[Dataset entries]

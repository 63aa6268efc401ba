-- ===== src/Dlist/EraseBack.antt =====
-- The loops of RcuDlistTest that walk backwards and remove what they are at.
use mathlib.Core.List.{reverse, reverse-cons, reverse-reverse, append_assoc, append-nil}
use relativistic_hash_table.Base.{
  ℕ, zero, suc, ◌<◌, ◌≡◌, refl, sym, ◌∙◌, ap, Bool, not, some, List, [], ◌∷◌, ◌++◌, arith, subst,
  length, filter-append, length-append, Bool-cases, inl, inr, ==-refl,
}
use relativistic_hash_table.Memory.{Ptr, Mem, bind}
use relativistic_hash_table.Memory.Ensures.{Ensures, returns, loads, bind-Ensures, mono}
use relativistic_hash_table.Memory.Chain.{first}
use relativistic_hash_table.Memory.Edit.{last_of-reverse}
use relativistic_hash_table.Dlist.{prev_of}
use relativistic_hash_table.Dlist.Iter.{
  safe_r_begin, safe_r_is_end, safe_r_advance, safe_r_remove_it,
}
use relativistic_hash_table.Dlist.Ring.{IsRing, Any}
use relativistic_hash_table.Dlist.Remove.{gone-prev, remove-IsRing}
use relativistic_hash_table.Dlist.Erase.{element_ne_head, kept}
use relativistic_hash_table.Dlist.Client.{r_erase_loop}

length-reverse : (xs : List Ptr) → length (reverse xs) ≡ length xs
length-reverse [] = refl
length-reverse (x ∷ xs) =
    ap length (reverse-cons x xs)
    ∙ length-append (reverse xs) (x ∷ [])
    ∙ omega (arith, length-reverse xs)

-- the elements before `back`, last one first
cut : (x : Ptr) (rs back : List Ptr) → reverse (x ∷ rs) ++ back ≡ reverse rs ++ (x ∷ back)
cut x rs back = ap (λ ys. ys ++ back) (reverse-cons x rs) ∙ append_assoc (reverse rs) (x ∷ []) back

prev-first :
    (m : Mem) (l x : Ptr) (rs back : List Ptr)
    → IsRing m.next l (reverse rs ++ (x ∷ back))
    → m.next (prev_of x) ≡ some (first rs l)
prev-first m l x rs back ring =
    gone-prev m l (reverse rs) x back ring ∙ ap some (last_of-reverse l rs)

-- Every cell of a ring has a predecessor.
pub predecessor :
    (m : Mem) (l : Ptr) (rs back : List Ptr)
    → IsRing m.next l (reverse rs ++ back)
    → (q : Ptr) × (m.next (prev_of (first rs l)) ≡ some q)
predecessor m l [] back ring = (first (reverse back) l, ring.backward.1)
predecessor m l (x ∷ rs) back ring =
    (first rs l, prev-first m l x rs back (subst (IsRing m.next l) (cut x rs back) ring))

same_next : (m : Mem) (x a b : Ptr) → m.next x ≡ some a → m.next x ≡ some b → a ≡ b
same_next m x a b e e' = ground (arith, e, e')

module _ (removes : Ptr → Bool) (l : Ptr) where
  pub r_erase_loop-IsRing :
      (fuel : ℕ) (rs back : List Ptr) (q : Ptr) (m : Mem)
      → IsRing m.next l (reverse rs ++ back)
      → m.next (prev_of (first rs l)) ≡ some q
      → length rs < fuel
      → Ensures Any
          (λ _ m'. IsRing m'.next l (reverse (kept removes l rs) ++ back))
          (r_erase_loop removes l fuel (record { pos = first rs l; prev = q }))
          m
  unfolding r_erase_loop safe_r_is_end safe_r_advance safe_r_remove_it
  r_erase_loop-IsRing zero rs back q m ring at enough = absurd (omega arith)
  r_erase_loop-IsRing (suc fuel) [] back q m ring at enough = rw (==-refl l) (returns ring)
  r_erase_loop-IsRing (suc fuel) (x ∷ rs) back q m ring at enough =
      let ring1 = subst (IsRing m.next l) (cut x rs back) ring in
      rw
        (
          element_ne_head m l (reverse rs) x back ring1,
          same_next m (prev_of x) q (first rs l) at (prev-first m l x rs back ring1),
        )
        (elim (Bool-cases (removes x)) [
          | inl erased ↦ rw erased (
              bind-Ensures (remove-IsRing m l (reverse rs) x back ring1) λ _ m' (at', ring', n, p).
                let (r, prev_at) = predecessor m' l rs back ring' in
                loads prev_at tt
                  (r_erase_loop-IsRing fuel rs back r m' ring' prev_at (omega (arith, enough))))
          | inr stays ↦ rw stays (
              let (r, prev_at) = predecessor m l rs (x ∷ back) ring1 in
              loads prev_at tt (
                mono
                  (r_erase_loop-IsRing fuel rs (x ∷ back) r m ring1 prev_at (omega (arith, enough)))
                  λ _ m'. subst (IsRing m'.next l) (sym (cut x (kept removes l rs) back))))
        ])

  kept-reverse : (xs : List Ptr) → kept removes l (reverse xs) ≡ reverse (kept removes l xs)
  kept-reverse [] = refl
  kept-reverse (x ∷ xs) =
      ap (kept removes l) (reverse-cons x xs)
      ∙ filter-append (λ x. not (removes x)) (reverse xs) (x ∷ [])
      ∙ ap (λ ys. ys ++ kept removes l (x ∷ [])) (kept-reverse xs)
      ∙ at_end
    where
      at_end :
          reverse (kept removes l xs) ++ kept removes l (x ∷ []) ≡ reverse (kept removes l (x ∷ xs))
      at_end = elim (Bool-cases (removes x)) [
        | inl erased ↦ rw erased (append-nil (reverse (kept removes l xs)))
        | inr stays ↦ rw stays (sym (reverse-cons x (kept removes l xs)))
      ]

  kept_reversed : (xs : List Ptr) → reverse (kept removes l (reverse xs)) ≡ kept removes l xs
  kept_reversed xs = ap reverse (kept-reverse xs) ∙ reverse-reverse (kept removes l xs)

  -- the whole loop, from the last element on
  pub r_erase_walk-IsRing :
      (fuel : ℕ) (xs : List Ptr) (m : Mem)
      → IsRing m.next l xs
      → length xs < fuel
      → Ensures Any
          (λ _ m'. IsRing m'.next l (kept removes l xs))
          (bind (safe_r_begin l) (λ it. r_erase_loop removes l fuel it))
          m
  unfolding safe_r_begin
  r_erase_walk-IsRing fuel xs m ring enough =
      let whole : IsRing m.next l (reverse (reverse xs) ++ []) =
        subst (IsRing m.next l) (sym (append-nil (reverse (reverse xs)) ∙ reverse-reverse xs))
          ring in
      let (q, prev_at) = predecessor m l (reverse xs) [] whole in
      loads ring.backward.1 tt (
        loads prev_at tt (
          mono
            (r_erase_loop-IsRing fuel (reverse xs) [] q m whole prev_at
              (rw (length-reverse xs) enough))
            λ _ m'.
              subst (IsRing m'.next l)
                (append-nil (reverse (kept removes l (reverse xs))) ∙ kept_reversed xs)))
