-- ===== src/Dlist/Fill.antt =====
-- The loops of RcuDlistTest that append, and prepend, all elements.
use mathlib.Core.List.{reverse, reverse-cons, append_assoc, append-nil}
use relativistic_hash_table.Base.{
  ◌≡◌, ◌≢◌, sym, ◌∙◌, ap, List, [], ◌∷◌, ◌++◌, arith, ◌∈◌, has, has-append, subst, ◌==◌, ◌||◌,
  ne_of_mem,
}
use relativistic_hash_table.Memory.{Ptr, Links, Mem}
use relativistic_hash_table.Memory.Ensures.{Ensures, returns, bind-Ensures, mono}
use relativistic_hash_table.Memory.Chain.{first, last_of, last_of-mem}
use relativistic_hash_table.Dlist.{prev_of}
use relativistic_hash_table.Dlist.Ring.{IsRing, IsSpareHead, Any}
use relativistic_hash_table.Dlist.Edit.{
  between, between-other, prev_of-injective, first-member, append-IsRing,
}
use relativistic_hash_table.Dlist.Client.{append_all, prepend_all}

-- Each of the heads is spare, for the elements and for the heads before it.
abbrev pub AreSpare : Links → (xs items : List Ptr) → Type 0
AreSpare next xs [] = Unit
AreSpare next xs (item ∷ items) = IsSpareHead next item xs × AreSpare next (item ∷ xs) items

-- A spare head stays spare when another one is linked in.
IsSpareHead-between :
    (m : Mem) (p q new : Ptr) (j : Ptr) (xs : List Ptr)
    → p ∈ xs
    → q ∈ xs
    → new ∈ xs
    → IsSpareHead m.next j xs
    → IsSpareHead (between m p q new).next j xs
IsSpareHead-between m p q new j xs at_p at_q at_new s = record {
  ne_null = s.ne_null;
  old_next = s.old_next;
  has_next =
      between-other m p q new j (off_of new at_new) (s.is_apart new at_new).1 (off_of p at_p)
        (s.is_apart q at_q).1
      ∙ s.has_next;
  old_prev = s.old_prev;
  has_prev =
      between-other m p q new (prev_of j) (λ e. (s.is_apart new at_new).0 (sym e))
        (λ e. off_of new at_new (prev_of-injective j new e)) (λ e. (s.is_apart p at_p).0 (sym e))
        (λ e. off_of q at_q (prev_of-injective j q e))
      ∙ s.has_prev;
  is_outside = s.is_outside;
  is_apart = s.is_apart;
}
  where
    off_of : (a : Ptr) → a ∈ xs → j ≢ a
    off_of a at = ne_of_mem xs s.is_outside at

-- What is spare for some elements is so for the same ones in another order.
IsSpareHead-same :
    {next : Links} {j : Ptr} (xs ys : List Ptr)
    → ((a : Ptr) → has a ys ≡ has a xs)
    → IsSpareHead next j xs
    → IsSpareHead next j ys
IsSpareHead-same {j = j} xs ys same s = record {
  ne_null = s.ne_null;
  old_next = s.old_next;
  has_next = s.has_next;
  old_prev = s.old_prev;
  has_prev = s.has_prev;
  is_outside = same j ∙ s.is_outside;
  is_apart = λ a at. s.is_apart a (sym (same a) ∙ at);
}

AreSpare-between :
    (m : Mem) (p q new : Ptr) (xs ys items : List Ptr)
    → p ∈ xs
    → q ∈ xs
    → new ∈ xs
    → ((a : Ptr) → has a ys ≡ has a xs)
    → AreSpare m.next xs items
    → AreSpare (between m p q new).next ys items
AreSpare-between m p q new xs ys [] at_p at_q at_new same s = tt
AreSpare-between m p q new xs ys (item ∷ items) at_p at_q at_new same s = (
  IsSpareHead-same xs ys same (IsSpareHead-between m p q new item xs at_p at_q at_new s.0),
  AreSpare-between m p q new (item ∷ xs) (item ∷ ys) items (grown p xs at_p) (grown q xs at_q)
      (grown new xs at_new) (λ a. ap (λ b. (a == item) || b) (same a)) s.1,
)
  where
    grown : (a : Ptr) (xs : List Ptr) → a ∈ xs → a ∈ (item ∷ xs)
    grown a xs at = ground arith

mem-head : (a : Ptr) (xs : List Ptr) → a ∈ (a ∷ xs)
mem-head a xs = ground arith

mem-tail : (a b : Ptr) (xs : List Ptr) → a ∈ xs → a ∈ (b ∷ xs)
mem-tail a b xs at = ground arith

mem-snoc :
    (a l item : Ptr) (xs : List Ptr) → has a (l ∷ (xs ++ (item ∷ []))) ≡ has a (item ∷ l ∷ xs)
mem-snoc a l item xs = ground (arith, has-append a xs (item ∷ []))

mem-swap : (a l item : Ptr) (xs : List Ptr) → has a (l ∷ item ∷ xs) ≡ has a (item ∷ l ∷ xs)
mem-swap a l item xs = ground arith

-- Into a list `append_all` puts spare heads behind all elements, in their order.
pub append_all-IsRing :
    (l : Ptr) (xs items : List Ptr) (m : Mem)
    → IsRing m.next l xs
    → AreSpare m.next (l ∷ xs) items
    → Ensures Any (λ _ m'. IsRing m'.next l (xs ++ items)) (append_all l items) m
unfolding append_all
append_all-IsRing l xs [] m ring spare =
    returns (subst (IsRing m.next l) (sym (append-nil xs)) ring)
append_all-IsRing l xs (item ∷ items) m ring spare =
    bind-Ensures (append-IsRing m l xs item ring spare.0).0 λ _ m' (at, ring').
      mono
        (append_all-IsRing l (xs ++ (item ∷ [])) items m' ring' (
          subst (λ now. AreSpare now.next (l ∷ (xs ++ (item ∷ []))) items) (sym at)
            (AreSpare-between m (last_of l xs) l item (item ∷ l ∷ xs) (l ∷ (xs ++ (item ∷ [])))
              items (mem-tail (last_of l xs) item (l ∷ xs) (last_of-mem l xs))
              (mem-tail l item (l ∷ xs) (mem-head l xs)) (mem-head item (l ∷ xs))
              (λ a. mem-snoc a l item xs) spare.1)))
        λ _ m''. subst (IsRing m''.next l) (append_assoc xs (item ∷ []) items)

-- `prepend_all` puts them in front, so that the last one comes first.
pub prepend_all-IsRing :
    (l : Ptr) (xs items : List Ptr) (m : Mem)
    → IsRing m.next l xs
    → AreSpare m.next (l ∷ xs) items
    → Ensures Any (λ _ m'. IsRing m'.next l (reverse items ++ xs)) (prepend_all l items) m
unfolding prepend_all
prepend_all-IsRing l xs [] m ring spare = returns ring
prepend_all-IsRing l xs (item ∷ items) m ring spare =
    bind-Ensures (append-IsRing m l xs item ring spare.0).1 λ _ m' (at, ring').
      mono
        (prepend_all-IsRing l (item ∷ xs) items m' ring' (
          subst (λ now. AreSpare now.next (l ∷ item ∷ xs) items) (sym at)
            (AreSpare-between m l (first xs l) item (item ∷ l ∷ xs) (l ∷ item ∷ xs) items
              (mem-tail l item (l ∷ xs) (mem-head l xs))
              (mem-tail (first xs l) item (l ∷ xs) (first-member m.next l [] xs))
              (mem-head item (l ∷ xs)) (λ a. mem-swap a l item xs) spare.1)))
        λ _ m''. subst (IsRing m''.next l) (
          sym (
            ap (λ ys. ys ++ xs) (reverse-cons item items)
            ∙ append_assoc (reverse items) (item ∷ []) xs))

- [INSTRUCTIONS FOR THE TASK]: The answer is the run of lines above from the line containing "length-reverse : (xs" through the line containing "(arith, length-reverse xs)", copied exactly and alone.

- [RESPONSE]:
length-reverse : (xs : List Ptr) → length (reverse xs) ≡ length xs
length-reverse [] = refl
length-reverse (x ∷ xs) =
    ap length (reverse-cons x xs)
    ∙ length-append (reverse xs) (x ∷ [])
    ∙ omega (arith, length-reverse xs)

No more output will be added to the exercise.